_Exercise aim_. Reproduce exactly, from the data that follows, the line with "(anchor_error EntrosAnchorError.identity_state_not_found)", the line with "s ≡ ok t.ledger)", and every line that lies between them.

Stored data:
*-*-*
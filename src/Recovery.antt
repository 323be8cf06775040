-- ===== src/Recovery.antt =====
-- programs/entros-anchor/src/lib.rs: a wallet replaces its commitment without a proof, by a reset or
-- a rebaseline, and stores its encrypted baseline.
pub mod Shared
pub mod Reset
pub mod Rebaseline
pub mod Baseline
pub mod Tests
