-- ===== src/Recovery/Baseline.antt =====
-- `EncryptedBaseline` and `set_encrypted_baseline`: the program stores the bytes that the wallet
-- gives, once the wallet has an identity.
use protocol_core.Base.{
  ℕ, ◌<◌, ◌-◌, ◌≡◌, Option, none, some, List, ◌∷◌, length, ltb, arith, if◌then◌else◌, inl, inr,
  Result, ok, framework, FrameworkError, EntrosAnchorError, require, ok_or, Result-cases, ◌>>=◌,
  ◌>>◌, ◌↔◌,
}
use protocol_core.Base.Words.{Bytes}
use protocol_core.Chain.{Pubkey, Ledger}
use protocol_core.Update.State.{Environment, Account, Event, encrypted_baseline_set}
use protocol_core.Update.Proofs.{anchor_error}

pub record EncryptedBaseline : Type 0 where
  pub blob : Bytes
  pub bump : ℕ

-- The wallet's identity and its baseline, which is there after the first call.
pub record Baselines : Type 0 where
  pub identity_state : Account
  -- the baseline's address
  pub key : Pubkey
  pub encrypted_baseline : Option EncryptedBaseline
  pub ledger : Ledger
  pub events : List Event

-- discriminator, blob, bump
abbrev pub baseline_len : ℕ
baseline_len = 105

-- `init_if_needed`: the first call pays the rent.
unfoldable pub init_if_needed : Environment → Pubkey → Baselines → Result Ledger
init_if_needed env authority s = elim s.encrypted_baseline [
  | some b ↦ ok s.ledger
  | none ↦
      let required = env.chain.minimum_balance baseline_len in
      let current = s.ledger s.key in
      if ltb current required
      then ok_or (env.chain.transfer s.ledger authority s.key (required - current))
          (framework FrameworkError.cpi_failed)
      else ok s.ledger
]

unfoldable pub set_encrypted_baseline : Environment → Pubkey → Bytes → Baselines → Result Baselines
set_encrypted_baseline env authority blob s = do
  paid ← init_if_needed env authority s
  require (ltb 0 (length s.identity_state.data_bytes))
      (anchor_error EntrosAnchorError.identity_state_not_found)
  let baseline : EncryptedBaseline = record { blob = blob; bump = env.baseline_bump authority }
  ok (record s {
    encrypted_baseline = some baseline;
    ledger = paid;
    events = encrypted_baseline_set authority ∷ s.events;
  })

-- A baseline is stored exactly if the wallet has an identity account and pays the rent that a first
-- baseline lacks; it is then the last one that the wallet gave, whatever was there before, and the
-- identity is untouched.
set_encrypted_baseline_iff :
    (env : Environment) (authority : Pubkey) (blob : Bytes) (s t : Baselines)
    → (set_encrypted_baseline env authority blob s ≡ ok t) ↔ (
        (0 < length s.identity_state.data_bytes)
        × (init_if_needed env authority s ≡ ok t.ledger)
        × (t.encrypted_baseline ≡ some (record { blob = blob; bump = env.baseline_bump authority }))
        × (t.identity_state ≡ s.identity_state)
        × (t.key ≡ s.key)
        × (t.events ≡ encrypted_baseline_set authority ∷ s.events))
unfolding set_encrypted_baseline
set_encrypted_baseline_iff env authority blob s t =
    elim (Result-cases (init_if_needed env authority s)) [
      | inr (x, p) ↦ ground arith
      | inl (l, p) ↦ ground arith
    ]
*-*-*
_Output of the task_.
      (anchor_error EntrosAnchorError.identity_state_not_found)
  let baseline : EncryptedBaseline = record { blob = blob; bump = env.baseline_bump authority }
  ok (record s {
    encrypted_baseline = some baseline;
    ledger = paid;
    events = encrypted_baseline_set authority ∷ s.events;
  })

-- A baseline is stored exactly if the wallet has an identity account and pays the rent that a first
-- baseline lacks; it is then the last one that the wallet gave, whatever was there before, and the
-- identity is untouched.
set_encrypted_baseline_iff :
    (env : Environment) (authority : Pubkey) (blob : Bytes) (s t : Baselines)
    → (set_encrypted_baseline env authority blob s ≡ ok t) ↔ (
        (0 < length s.identity_state.data_bytes)
        × (init_if_needed env authority s ≡ ok t.ledger)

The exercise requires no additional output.